The City and PIDC announced that the deadline for micro-businesses to submit applications for funding from the Philadelphia COVID-19 Small Business Relief Fund is before midnight on Wednesday, April 15. The Relief Fund, which launched on March 23 with approximately $9.25 million, has received over 6,000 applications for more than $82 million in aid. An additional $2.9 million has been secured for the Relief Fund, bringing the total to more than $12.1 million to disburse to local businesses impacted by COVID-19. Information regarding other local and national resources for businesses can be found here.

On Wednesday, Mayor Jim Kenney announced changes to city services due to the observance of Good Friday.

"There will be no trash pickup on Friday," he said.

Instead, residents who typically have their trashed picked up on Friday should put out their trash after 5 p.m. for collection on Saturday.

Kenney also said the 49 school sites that are providing meals for children will be closed on Monday. This is a one-time change, he said.
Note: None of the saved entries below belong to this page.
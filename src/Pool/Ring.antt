-- ===== src/Pool/Ring.antt =====
-- What a circular list holds.
use txgg.Base.{
  ℕ, ◌≡◌, ◌≢◌, refl, ap, ◌∙◌, sym, Bool, true, false, ◌||◌, Option, none, some, List, [], ◌∷◌,
  arith, ◌==◌,
}
use txgg.Idx.{null_idx, idx_of}
use txgg.Pool.{before_first, link_first, set_first, set_prev, self_idx, Entry, Circle, insert_head}

abbrev pub holds : ℕ → List ℕ → Bool
holds e [] = false
holds e (x ∷ xs) = x == e || holds e xs

-- The object before the end of a list that starts after `p`.
abbrev pub last_of : Option ℕ → List ℕ → Option ℕ
last_of p [] = p
last_of p (x ∷ xs) = last_of (some x) xs

abbrev pub first_of : List ℕ → Option ℕ
first_of [] = none
first_of (x ∷ xs) = some x

-- The entries link the objects of the list, forwards and backwards, the first one after `p`, and
-- no object twice.
abbrev pub Linked : (ℕ → Entry) → Option ℕ → List ℕ → Type 0
Linked entry p [] = Unit
Linked entry p (x ∷ xs) =
    (holds x xs ≡ false)
    × ((entry x).prev ≡ idx_of p)
    × ((entry x).next ≡ idx_of (first_of xs))
    × Linked entry (some x) xs

pub record Ring (c : Circle) (xs : List ℕ) : Type 0 where
  pub first : c.first ≡ idx_of (first_of xs)
  pub last : c.last ≡ idx_of (last_of none xs)
  pub linked : Linked c.entry none xs

-- The links of a list are those of its objects.
pub Linked-agree :
    (f g : ℕ → Entry) (p : Option ℕ) (xs : List ℕ)
    → ((i : ℕ) → holds i xs ≡ true → f i ≡ g i)
    → Linked f p xs
    → Linked g p xs
Linked-agree f g p [] a l = tt
Linked-agree f g p (x ∷ xs) a l =
    let q : f x ≡ g x = a x (ground arith) in
    (
      l.0,
      rw q at l.1,
      rw q at l.2,
      Linked-agree f g (some x) xs (λ i h. a i (ground (arith, h))) l.3,
    )

pub holds-≢ : (e i : ℕ) (xs : List ℕ) → holds e xs ≡ false → holds i xs ≡ true → e ≢ i
holds-≢ e i xs h m q = cc (ap (λ k. holds k xs) q)

pub last_of-some : (x : ℕ) (xs : List ℕ) → (q : ℕ) × (last_of (some x) xs ≡ some q)
last_of-some x [] = (x, refl)
last_of-some x (y ∷ xs) = last_of-some y xs

-- What GAME_CIRCLEQ_INSERT_HEAD leaves, on an empty list and before the object `x`.
abbrev alone : Circle → ℕ → Circle
alone c e = let c1 = before_first c e in set_first (record c1 { last = self_idx c1 e }) e

abbrev ahead : Circle → ℕ → ℕ → Circle
ahead c e x = let c1 = before_first c e in set_first (set_prev c1 x (self_idx c1 e)) e

insert_head-alone : (c : Circle) (e : ℕ) → c.last.p ≡ none → insert_head c e ≡ some (alone c e)
unfolding insert_head
insert_head-alone c e h = ap (λ l. link_first (before_first c e) e l c.first.p) h

insert_head-ahead :
    (c : Circle) (e x q : ℕ)
    → c.last.p ≡ some q
    → c.first.p ≡ some x
    → insert_head c e ≡ some (ahead c e x)
unfolding insert_head
insert_head-ahead c e x q h h' =
    ap (λ l. link_first (before_first c e) e l c.first.p) h
    ∙ ap (λ f. link_first (before_first c e) e (some q) f) h'

module _ (c : Circle) (e : ℕ) (own : (c.entry e).idx ≡ e) where
  alone-Ring : Ring c [] → Ring (alone c e) (e ∷ [])
  alone-Ring r = record {
    first = ground (arith, own);
    last = ground (arith, own);
    linked = ground (arith, r.first);
  }

  module _ (x : ℕ) (xs : List ℕ) where
    ahead_self : e ≢ x → (ahead c e x).entry e ≡ record { idx = e; next = c.first; prev = null_idx }
    ahead_self n = ground (arith, own)

    ahead_next : e ≢ x → (ahead c e x).entry x ≡ record (c.entry x) { prev = idx_of (some e) }
    ahead_next n = ground (arith, own)

    ahead_rest : (i : ℕ) → e ≢ i → x ≢ i → (ahead c e x).entry i ≡ c.entry i
    ahead_rest i n m = ground arith

    ahead-Ring : Ring c (x ∷ xs) → holds e (x ∷ xs) ≡ false → Ring (ahead c e x) (e ∷ x ∷ xs)
    ahead-Ring r h =
        let n : e ≢ x = ground (arith, h) in
        let (alone_x, _, next, rest) = r.linked in
        record {
          first = ground (arith, own);
          last = r.last;
          linked = (
            h,
            rw (ahead_self n) refl,
            rw (ahead_self n) r.first,
            (
              alone_x,
              rw (ahead_next n) refl,
              rw (ahead_next n) next,
              Linked-agree c.entry (ahead c e x).entry (some x) xs
                  (λ i m. sym (
                    ahead_rest i (holds-≢ e i xs (ground (arith, h)) m) (holds-≢ x i xs alone_x m)))
                  rest,
            ),
          );
        }

-- The object joins the list in front.
pub insert_head-Ring :
    (c : Circle) (e : ℕ) (xs : List ℕ)
    → Ring c xs
    → holds e xs ≡ false
    → (c.entry e).idx ≡ e
    → (c' : Circle) × (insert_head c e ≡ some c')
      × Ring c' (e ∷ xs)
      × ((i : ℕ) → (c'.entry i).idx ≡ (c.entry i).idx)
insert_head-Ring c e [] r h own = (
  alone c e,
  insert_head-alone c e (ap (λ l. l.p) r.last),
  alone-Ring c e own r,
  λ i. ground arith,
)
insert_head-Ring c e (x ∷ xs) r h own =
    let (q, lq) = last_of-some x xs in
    (
      ahead c e x,
      insert_head-ahead c e x q (ap (λ l. l.p) (r.last ∙ ap idx_of lq)) (ap (λ l. l.p) r.first),
      ahead-Ring c e own x xs r h,
      λ i. ground arith,
    )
The 49 sites will be open on Tuesday, April 14 from 9 a.m. to 12 p.m.

In addition, all health centers will be closed on Friday, this does not include the COVID-19 testing site in South Philadelphia, Kenney said.


Because of staffing concerns, the Streets Department revised its collection schedule.

Recycling materials will be collected on an every-other-week schedule starting next week.

Residents should hold their recycling materials for the week of Monday, April 6 through Saturday, April 11.

Recycling collections will resume on Monday, April 13 with every-other-week collections through at least May 15.

Regular trash collections will continue on or as close to their normal schedule as possible.

Residents should expect some delays as the health crisis continues to have an impact on employee attendance.